しん

アンラッキー・セックス またはイカれたポルノのしんのレビュー・感想・評価

3.0
露悪性の極致を行くような作品です。好きな人はとことん好きだし、嫌いな人は絶対に受け付けないのではないでしょうか。個人的には第三章辺りから作品の見方が分かってきて、頭の中で前半の意味も繋がってきたって感じでした。

こういう作品であらすじを書くのも野暮だとは思うのですが、女性教師のセックスビデオの流出に端を発するコメディで、問われているのは人間の「あるべき像」と「本能」の葛藤です。
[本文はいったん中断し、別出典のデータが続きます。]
-- ===== src/Limiter/Burst.antt =====
-- On limiter.go: runs of failed sign-ins from one address.
use concert.Prelude.{
  ℕ, ◌+◌, ◌≤◌, ◌<◌, ◌≡◌, refl, ◌∙◌, ap, false, Option, none, some, List, [], ◌∷◌, arith, ==_refl,
  length, ◌==◌, ◌⊎◌, inl, inr, true, ==_iff, Bool-cases, if◌then◌else◌,
}
use concert.Prelude.Table.{lookup}
use concert.Net.{Addr, addr_eq}
use concert.Limiter.{
  LoginState, LoginLimiter, login_max_failures, login_window, login_lockout, lock_left, locked,
  current, count_failure, fail,
}
use concert.Limiter.Laws.{lookup-fail}

-- Failures at the given times, in that order.
abbrev pub fail_all : Addr → List ℕ → LoginLimiter → LoginLimiter
fail_all ip [] l = l
fail_all ip (t ∷ ts) l = fail_all ip ts (fail ip t l)

-- The same on the address's state alone.
fail_state : List ℕ → Option LoginState → Option LoginState
fail_state [] o = o
fail_state (t ∷ ts) o = fail_state ts (some (count_failure t (current t o)))

lookup-fail_all :
    (ip : Addr) (ts : List ℕ) (l : LoginLimiter)
    → lookup ip (fail_all ip ts l) ≡ fail_state ts (lookup ip l)
unfolding fail_state
lookup-fail_all ip [] l = refl
lookup-fail_all ip (t ∷ ts) l =
    lookup-fail_all ip ts (fail ip t l)
    ∙ ap (fail_state ts) (rw (lookup-fail ip ip t l) (rw (==_refl ip)))

-- No lock yet, and at most `n` failures counted.
abbrev AtMost : ℕ → Option LoginState → Type 0
AtMost n none = Unit
AtMost n (some s) = (s.fails ≤ n) × (s.locked_until ≡ 0)

one_more :
    (n t : ℕ) (o : Option LoginState)
    → n + 1 < login_max_failures
    → AtMost n o
    → AtMost (n + 1) (some (count_failure t (current t o)))
one_more n t none h a = ground arith
one_more n t (some s) h a = ground arith

fail_state-AtMost :
    (n now : ℕ) (ts : List ℕ) (o : Option LoginState)
    → n + length ts < login_max_failures
    → AtMost n o
    → (lock_left now (fail_state ts o)).1 ≡ false
unfolding fail_state
fail_state-AtMost n now [] none h a = refl
fail_state-AtMost n now [] (some s) h a = ground arith
fail_state-AtMost n now (t ∷ ts) o h a =
    fail_state-AtMost (n + 1) now ts (some (count_failure t (current t o))) (omega arith)
      (one_more n t o (omega arith) a)

-- An address with no entry is not locked out, at any time, after fewer failures than lock,
-- whenever they came.
pub few_failures_do_not_lock :
    (ip : Addr) (ts : List ℕ) (now : ℕ) (l : LoginLimiter)
    → lookup ip l ≡ none
    → length ts < login_max_failures
    → (locked ip now (fail_all ip ts l)).1 ≡ false
unfolding locked
few_failures_do_not_lock ip ts now l e h =
    rw (lookup-fail_all ip ts l) (rw e (fail_state-AtMost 0 now ts none (omega arith) tt))

abbrev counted : ℕ → ℕ → LoginState
counted a k = record { fails = k; first = a; locked_until = 0 }

fail_state-counted :
    (a k t : ℕ) (ts : List ℕ)
    → k + 1 < login_max_failures
    → t ≤ a + login_window
    → fail_state (t ∷ ts) (some (counted a k)) ≡ fail_state ts (some (counted a (k + 1)))
unfolding fail_state
fail_state-counted a k t ts h w = ap (fail_state ts) {x = some _} {y = some _} (ground arith)

first_failure :
    (a : ℕ) (ts : List ℕ) → fail_state (a ∷ ts) none ≡ fail_state ts (some (counted a 1))
unfolding fail_state
first_failure a ts = refl

last_failure :
    (a t : ℕ)
    → t ≤ a + login_window
    → fail_state (t ∷ []) (some (counted a 4))
      ≡ some (record { fails = 0; first = t; locked_until = t + login_lockout })
unfolding fail_state
last_failure a t w = ground arith

-- Failures of any addresses, in that order.
abbrev pub fail_each : List (Addr × ℕ) → LoginLimiter → LoginLimiter
fail_each [] l = l
fail_each ((ip, t) ∷ es) l = fail_each es (fail ip t l)

-- The times of the failures of one address among them.
abbrev pub times_of : Addr → List (Addr × ℕ) → List ℕ
times_of ip [] = []
times_of ip ((k, t) ∷ es) = if k == ip then t ∷ times_of ip es else times_of ip es

lookup-fail_each :
    (ip : Addr) (es : List (Addr × ℕ)) (l : LoginLimiter)
    → lookup ip (fail_each es l) ≡ fail_state (times_of ip es) (lookup ip l)
unfolding fail_state
lookup-fail_each ip [] l = refl
lookup-fail_each ip ((k, t) ∷ es) l =
    lookup-fail_each ip es (fail k t l) ∙ by_address (Bool-cases (k == ip))
  where
    own :
        (k : Addr) (t : ℕ) (l : LoginLimiter)
        → (k == ip) ≡ true
        → lookup ip (fail k t l) ≡ some (count_failure t (current t (lookup ip l)))
    own k t l h = rw (lookup-fail k ip t l) (rw (h, (==_iff k ip).0 h))

    other :
        (k : Addr) (t : ℕ) (l : LoginLimiter)
        → (k == ip) ≡ false
        → lookup ip (fail k t l) ≡ lookup ip l
    other k t l h = rw (lookup-fail k ip t l) (rw h)

    by_address :
        ((k == ip) ≡ true) ⊎ ((k == ip) ≡ false)
        → fail_state (times_of ip es) (lookup ip (fail k t l))
          ≡ fail_state (times_of ip ((k, t) ∷ es)) (lookup ip l)
    by_address (inl h) = rw h (ap (fail_state (times_of ip es)) (own k t l h))
    by_address (inr h) = rw h (ap (fail_state (times_of ip es)) (other k t l h))

-- For an address with no entry: whatever failures of other addresses come before, between and
-- after, four more failures of its own within the window of its first, and the last of the five
-- starts a lock that holds for the lockout and not longer.
pub fifth_failure_locks :
    (ip : Addr) (a b c d e now : ℕ) (es : List (Addr × ℕ)) (l : LoginLimiter)
    → lookup ip l ≡ none
    → times_of ip es ≡ a ∷ b ∷ c ∷ d ∷ e ∷ []
    → b ≤ a + login_window
    → c ≤ a + login_window
    → d ≤ a + login_window
    → e ≤ a + login_window
    → locked ip now (fail_each es l)
      ≡ lock_left now (some (record { fails = 0; first = e; locked_until = e + login_lockout }))
unfolding locked
fifth_failure_locks ip a b c d e now es l h own hb hc hd he = ap (lock_left now) (
    lookup-fail_each ip es l
    ∙ ap (λ ts. fail_state ts (lookup ip l)) own
    ∙ ap (fail_state (a ∷ b ∷ c ∷ d ∷ e ∷ [])) h
    ∙ first_failure a (b ∷ c ∷ d ∷ e ∷ [])
    ∙ fail_state-counted a 1 b (c ∷ d ∷ e ∷ []) (omega arith) hb
    ∙ fail_state-counted a 2 c (d ∷ e ∷ []) (omega arith) hc
    ∙ fail_state-counted a 3 d (e ∷ []) (omega arith) hd
    ∙ last_failure a e he)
クライマックスは第三部で、そこで沸騰する差別意識の多様性と根深さを楽しむ作品です。ラストは、ハリウッドとかのアホらしさに辟易している私としては爽快でしたね。

ただ本作の本質は前半の二つの章にあると思います。生活世界に潜む細かな対立、気持ちのいい言葉の裏にある「本質」のどす黒さを示す前半が、後半への振りとして効果を発揮します。第二次世界大戦では枢軸国から連合国へ、戦後は典型的な社会主義独裁国家から革命の象徴(チャウシェスク処刑)へ揺れ続けてきた国(ルーマニア)だからこその説得力がありますし、その部分をサブリミナル的に植え付ける前半になっています。被害者ずらをしながら加害責任を忘却する様子は、他人事ではない切迫感があります。

名作かと言われると難しいですが、見て損はない作品だと思います。